[Information Boundary: Start]

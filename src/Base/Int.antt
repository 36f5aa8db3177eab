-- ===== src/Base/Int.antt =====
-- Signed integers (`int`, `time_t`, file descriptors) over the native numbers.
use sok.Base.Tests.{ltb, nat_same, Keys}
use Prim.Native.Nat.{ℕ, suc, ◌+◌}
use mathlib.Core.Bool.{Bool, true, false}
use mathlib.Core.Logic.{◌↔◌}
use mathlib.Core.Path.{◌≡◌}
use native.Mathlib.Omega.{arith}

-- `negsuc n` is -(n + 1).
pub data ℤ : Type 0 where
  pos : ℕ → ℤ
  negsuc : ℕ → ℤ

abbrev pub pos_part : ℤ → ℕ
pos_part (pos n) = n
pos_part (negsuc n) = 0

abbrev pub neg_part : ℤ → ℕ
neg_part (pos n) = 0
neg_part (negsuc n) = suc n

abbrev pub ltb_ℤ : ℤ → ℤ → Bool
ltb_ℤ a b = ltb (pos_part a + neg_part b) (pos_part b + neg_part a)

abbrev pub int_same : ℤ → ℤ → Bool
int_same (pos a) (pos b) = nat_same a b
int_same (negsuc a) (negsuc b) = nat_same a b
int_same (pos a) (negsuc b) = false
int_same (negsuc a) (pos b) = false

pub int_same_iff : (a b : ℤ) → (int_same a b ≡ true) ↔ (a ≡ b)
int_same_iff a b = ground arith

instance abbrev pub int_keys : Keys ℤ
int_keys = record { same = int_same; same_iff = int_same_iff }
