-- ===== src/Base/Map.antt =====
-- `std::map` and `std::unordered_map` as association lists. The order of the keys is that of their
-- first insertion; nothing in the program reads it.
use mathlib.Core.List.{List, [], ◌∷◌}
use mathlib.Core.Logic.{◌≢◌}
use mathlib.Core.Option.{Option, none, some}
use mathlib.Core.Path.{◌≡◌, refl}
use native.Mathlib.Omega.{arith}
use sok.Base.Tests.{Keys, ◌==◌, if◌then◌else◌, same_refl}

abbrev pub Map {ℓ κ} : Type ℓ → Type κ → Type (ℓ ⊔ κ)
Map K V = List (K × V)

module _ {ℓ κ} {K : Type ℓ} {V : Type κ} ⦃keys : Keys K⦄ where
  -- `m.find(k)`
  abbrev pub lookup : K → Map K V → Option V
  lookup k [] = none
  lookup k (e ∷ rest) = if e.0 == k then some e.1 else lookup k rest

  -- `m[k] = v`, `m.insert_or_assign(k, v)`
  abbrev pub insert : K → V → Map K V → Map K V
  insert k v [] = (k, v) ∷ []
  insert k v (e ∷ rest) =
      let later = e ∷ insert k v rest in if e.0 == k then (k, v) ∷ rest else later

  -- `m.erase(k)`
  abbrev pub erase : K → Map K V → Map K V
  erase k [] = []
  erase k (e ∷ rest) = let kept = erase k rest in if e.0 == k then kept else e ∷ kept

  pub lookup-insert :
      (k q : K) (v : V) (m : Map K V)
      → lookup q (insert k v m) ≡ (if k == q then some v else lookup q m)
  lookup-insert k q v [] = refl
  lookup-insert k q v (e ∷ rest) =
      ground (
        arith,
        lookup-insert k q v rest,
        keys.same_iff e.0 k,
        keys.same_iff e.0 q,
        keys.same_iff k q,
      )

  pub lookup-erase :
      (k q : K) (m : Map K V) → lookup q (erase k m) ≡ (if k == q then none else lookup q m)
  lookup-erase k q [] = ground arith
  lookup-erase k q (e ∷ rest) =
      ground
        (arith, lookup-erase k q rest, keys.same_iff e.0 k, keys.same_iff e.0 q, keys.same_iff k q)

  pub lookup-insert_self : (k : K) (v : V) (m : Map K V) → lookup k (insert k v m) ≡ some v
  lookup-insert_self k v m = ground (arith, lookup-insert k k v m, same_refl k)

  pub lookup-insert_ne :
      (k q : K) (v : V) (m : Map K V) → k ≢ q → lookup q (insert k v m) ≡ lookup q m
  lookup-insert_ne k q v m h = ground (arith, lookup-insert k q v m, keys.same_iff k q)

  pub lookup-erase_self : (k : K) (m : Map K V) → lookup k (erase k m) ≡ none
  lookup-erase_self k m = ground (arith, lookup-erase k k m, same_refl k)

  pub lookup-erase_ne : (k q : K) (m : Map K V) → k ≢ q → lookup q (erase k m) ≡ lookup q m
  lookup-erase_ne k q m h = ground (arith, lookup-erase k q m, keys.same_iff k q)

[Information Boundary: End]
[Information Boundary: Start]

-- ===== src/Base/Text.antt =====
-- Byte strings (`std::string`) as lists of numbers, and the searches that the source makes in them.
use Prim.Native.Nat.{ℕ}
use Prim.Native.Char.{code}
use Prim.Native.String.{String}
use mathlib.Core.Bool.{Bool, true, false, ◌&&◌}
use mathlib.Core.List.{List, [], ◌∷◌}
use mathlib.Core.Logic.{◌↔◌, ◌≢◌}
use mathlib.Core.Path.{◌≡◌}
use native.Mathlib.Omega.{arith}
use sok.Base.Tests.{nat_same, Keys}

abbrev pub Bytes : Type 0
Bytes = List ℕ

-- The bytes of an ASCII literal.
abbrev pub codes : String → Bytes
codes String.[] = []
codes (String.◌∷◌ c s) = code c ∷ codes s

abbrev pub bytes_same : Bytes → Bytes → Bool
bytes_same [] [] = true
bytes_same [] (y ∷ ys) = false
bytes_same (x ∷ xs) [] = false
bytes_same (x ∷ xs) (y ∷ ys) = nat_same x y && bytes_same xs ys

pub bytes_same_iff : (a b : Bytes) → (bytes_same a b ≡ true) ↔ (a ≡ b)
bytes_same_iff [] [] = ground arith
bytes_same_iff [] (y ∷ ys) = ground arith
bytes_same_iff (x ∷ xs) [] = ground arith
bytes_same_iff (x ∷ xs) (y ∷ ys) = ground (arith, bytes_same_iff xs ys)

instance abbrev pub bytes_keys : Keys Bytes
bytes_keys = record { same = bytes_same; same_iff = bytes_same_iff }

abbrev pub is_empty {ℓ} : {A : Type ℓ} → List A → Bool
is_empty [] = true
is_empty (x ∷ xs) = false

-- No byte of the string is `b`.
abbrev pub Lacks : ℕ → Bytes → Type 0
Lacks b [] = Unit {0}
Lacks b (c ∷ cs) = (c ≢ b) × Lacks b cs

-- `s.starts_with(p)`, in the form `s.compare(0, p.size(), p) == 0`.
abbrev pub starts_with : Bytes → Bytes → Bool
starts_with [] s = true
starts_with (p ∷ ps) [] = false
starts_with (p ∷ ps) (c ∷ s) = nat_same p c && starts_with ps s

[Information Boundary: End]

The lines you need are those containing "rest"; find them in the records and copy them.

  lookup k (e ∷ rest) = if e.0 == k then some e.1 else lookup k rest
  insert k v (e ∷ rest) =
      let later = e ∷ insert k v rest in if e.0 == k then (k, v) ∷ rest else later
  erase k (e ∷ rest) = let kept = erase k rest in if e.0 == k then kept else e ∷ kept
  lookup-insert k q v (e ∷ rest) =
        lookup-insert k q v rest,
  lookup-erase k q (e ∷ rest) =
        (arith, lookup-erase k q rest, keys.same_iff e.0 k, keys.same_iff e.0 q, keys.same_iff k q)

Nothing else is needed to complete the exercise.